### [What you need to do]
Repeat exactly, and only, the lines of the entries below from the one with "-- ===== src/Handler/Overload.antt" through the one with "failed-code t error", both ends included.

### [Extracted records]
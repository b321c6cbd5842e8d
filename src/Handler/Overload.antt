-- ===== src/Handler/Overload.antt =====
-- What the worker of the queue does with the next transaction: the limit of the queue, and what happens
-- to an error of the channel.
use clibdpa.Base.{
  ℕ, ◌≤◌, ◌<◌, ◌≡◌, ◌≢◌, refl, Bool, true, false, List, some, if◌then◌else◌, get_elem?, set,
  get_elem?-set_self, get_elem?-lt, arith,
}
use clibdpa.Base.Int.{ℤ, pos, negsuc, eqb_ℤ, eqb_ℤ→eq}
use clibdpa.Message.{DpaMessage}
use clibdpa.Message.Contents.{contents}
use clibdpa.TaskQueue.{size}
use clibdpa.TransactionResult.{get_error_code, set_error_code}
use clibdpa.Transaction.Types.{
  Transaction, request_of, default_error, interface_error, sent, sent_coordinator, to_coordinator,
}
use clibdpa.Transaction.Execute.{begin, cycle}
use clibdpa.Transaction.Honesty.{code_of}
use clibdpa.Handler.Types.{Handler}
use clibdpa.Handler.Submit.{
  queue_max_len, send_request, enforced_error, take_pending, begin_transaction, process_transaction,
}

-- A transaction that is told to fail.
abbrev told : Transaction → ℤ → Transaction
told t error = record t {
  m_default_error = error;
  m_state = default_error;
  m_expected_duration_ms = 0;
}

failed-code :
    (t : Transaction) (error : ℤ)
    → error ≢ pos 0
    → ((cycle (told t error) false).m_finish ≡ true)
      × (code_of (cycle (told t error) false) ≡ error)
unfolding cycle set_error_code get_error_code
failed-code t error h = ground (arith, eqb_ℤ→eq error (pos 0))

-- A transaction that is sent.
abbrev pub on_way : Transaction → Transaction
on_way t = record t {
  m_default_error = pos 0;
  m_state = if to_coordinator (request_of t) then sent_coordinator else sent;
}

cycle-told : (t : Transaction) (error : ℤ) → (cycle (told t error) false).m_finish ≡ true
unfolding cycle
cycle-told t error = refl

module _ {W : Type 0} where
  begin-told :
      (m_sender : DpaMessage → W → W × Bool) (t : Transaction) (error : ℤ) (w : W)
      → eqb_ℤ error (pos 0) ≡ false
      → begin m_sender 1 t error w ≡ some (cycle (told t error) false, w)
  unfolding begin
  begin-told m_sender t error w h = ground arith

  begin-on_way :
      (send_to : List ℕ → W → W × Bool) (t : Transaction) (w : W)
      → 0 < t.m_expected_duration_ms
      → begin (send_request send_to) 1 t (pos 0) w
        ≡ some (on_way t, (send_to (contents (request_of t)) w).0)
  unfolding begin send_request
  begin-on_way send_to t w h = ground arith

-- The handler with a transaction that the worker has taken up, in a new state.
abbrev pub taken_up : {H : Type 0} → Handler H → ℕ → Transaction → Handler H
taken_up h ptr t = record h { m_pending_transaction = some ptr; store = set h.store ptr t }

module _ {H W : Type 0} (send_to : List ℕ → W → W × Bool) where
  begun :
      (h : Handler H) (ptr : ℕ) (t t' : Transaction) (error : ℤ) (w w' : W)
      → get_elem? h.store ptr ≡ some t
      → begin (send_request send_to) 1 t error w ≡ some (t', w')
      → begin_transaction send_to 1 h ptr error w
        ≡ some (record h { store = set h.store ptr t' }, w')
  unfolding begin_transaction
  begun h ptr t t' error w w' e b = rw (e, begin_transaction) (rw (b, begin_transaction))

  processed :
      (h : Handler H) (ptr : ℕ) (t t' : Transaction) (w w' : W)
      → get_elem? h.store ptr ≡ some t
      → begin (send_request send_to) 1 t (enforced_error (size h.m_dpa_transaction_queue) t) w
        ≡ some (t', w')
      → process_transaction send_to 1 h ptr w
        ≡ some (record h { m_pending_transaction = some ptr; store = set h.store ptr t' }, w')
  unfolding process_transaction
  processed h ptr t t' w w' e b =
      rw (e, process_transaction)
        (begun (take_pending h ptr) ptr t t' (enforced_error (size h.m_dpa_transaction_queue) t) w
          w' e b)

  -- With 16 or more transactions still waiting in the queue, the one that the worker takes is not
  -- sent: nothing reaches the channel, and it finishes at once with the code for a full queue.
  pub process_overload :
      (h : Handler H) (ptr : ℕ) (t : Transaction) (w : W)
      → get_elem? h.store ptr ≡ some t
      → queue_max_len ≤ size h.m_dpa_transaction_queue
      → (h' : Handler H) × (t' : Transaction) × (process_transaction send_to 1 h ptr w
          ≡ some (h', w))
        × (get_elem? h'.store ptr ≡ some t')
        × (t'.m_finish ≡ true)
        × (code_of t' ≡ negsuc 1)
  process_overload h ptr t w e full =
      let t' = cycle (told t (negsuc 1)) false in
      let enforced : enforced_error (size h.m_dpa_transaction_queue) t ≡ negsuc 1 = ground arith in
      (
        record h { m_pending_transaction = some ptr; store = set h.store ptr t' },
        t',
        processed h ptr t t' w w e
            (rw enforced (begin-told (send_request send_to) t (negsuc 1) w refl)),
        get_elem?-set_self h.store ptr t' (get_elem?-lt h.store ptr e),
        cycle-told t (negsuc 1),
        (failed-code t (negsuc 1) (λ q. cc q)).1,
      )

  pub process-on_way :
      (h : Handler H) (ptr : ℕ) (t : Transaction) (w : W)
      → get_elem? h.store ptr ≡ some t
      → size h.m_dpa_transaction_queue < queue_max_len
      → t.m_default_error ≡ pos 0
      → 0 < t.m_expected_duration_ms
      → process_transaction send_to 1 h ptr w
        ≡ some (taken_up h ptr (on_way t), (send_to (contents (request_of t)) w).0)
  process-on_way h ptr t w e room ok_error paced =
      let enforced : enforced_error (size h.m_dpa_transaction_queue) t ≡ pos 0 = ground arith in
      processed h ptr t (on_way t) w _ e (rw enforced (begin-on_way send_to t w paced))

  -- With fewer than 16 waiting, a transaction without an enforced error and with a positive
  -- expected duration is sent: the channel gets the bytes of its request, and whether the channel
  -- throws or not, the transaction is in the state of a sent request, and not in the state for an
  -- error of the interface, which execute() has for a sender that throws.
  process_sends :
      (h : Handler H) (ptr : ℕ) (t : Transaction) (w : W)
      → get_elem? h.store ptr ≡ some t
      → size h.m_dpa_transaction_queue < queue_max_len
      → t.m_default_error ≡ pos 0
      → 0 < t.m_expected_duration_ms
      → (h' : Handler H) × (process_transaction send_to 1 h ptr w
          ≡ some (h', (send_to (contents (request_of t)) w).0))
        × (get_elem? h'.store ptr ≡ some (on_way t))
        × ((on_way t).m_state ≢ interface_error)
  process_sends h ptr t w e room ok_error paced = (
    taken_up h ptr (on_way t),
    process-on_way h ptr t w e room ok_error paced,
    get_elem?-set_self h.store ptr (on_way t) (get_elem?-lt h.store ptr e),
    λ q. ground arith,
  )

### [Result of the exercise]
-- ===== src/Handler/Overload.antt =====
-- What the worker of the queue does with the next transaction: the limit of the queue, and what happens
-- to an error of the channel.
use clibdpa.Base.{
  ℕ, ◌≤◌, ◌<◌, ◌≡◌, ◌≢◌, refl, Bool, true, false, List, some, if◌then◌else◌, get_elem?, set,
  get_elem?-set_self, get_elem?-lt, arith,
}
use clibdpa.Base.Int.{ℤ, pos, negsuc, eqb_ℤ, eqb_ℤ→eq}
use clibdpa.Message.{DpaMessage}
use clibdpa.Message.Contents.{contents}
use clibdpa.TaskQueue.{size}
use clibdpa.TransactionResult.{get_error_code, set_error_code}
use clibdpa.Transaction.Types.{
  Transaction, request_of, default_error, interface_error, sent, sent_coordinator, to_coordinator,
}
use clibdpa.Transaction.Execute.{begin, cycle}
use clibdpa.Transaction.Honesty.{code_of}
use clibdpa.Handler.Types.{Handler}
use clibdpa.Handler.Submit.{
  queue_max_len, send_request, enforced_error, take_pending, begin_transaction, process_transaction,
}

-- A transaction that is told to fail.
abbrev told : Transaction → ℤ → Transaction
told t error = record t {
  m_default_error = error;
  m_state = default_error;
  m_expected_duration_ms = 0;
}

failed-code :
    (t : Transaction) (error : ℤ)
    → error ≢ pos 0
    → ((cycle (told t error) false).m_finish ≡ true)
      × (code_of (cycle (told t error) false) ≡ error)
unfolding cycle set_error_code get_error_code
failed-code t error h = ground (arith, eqb_ℤ→eq error (pos 0))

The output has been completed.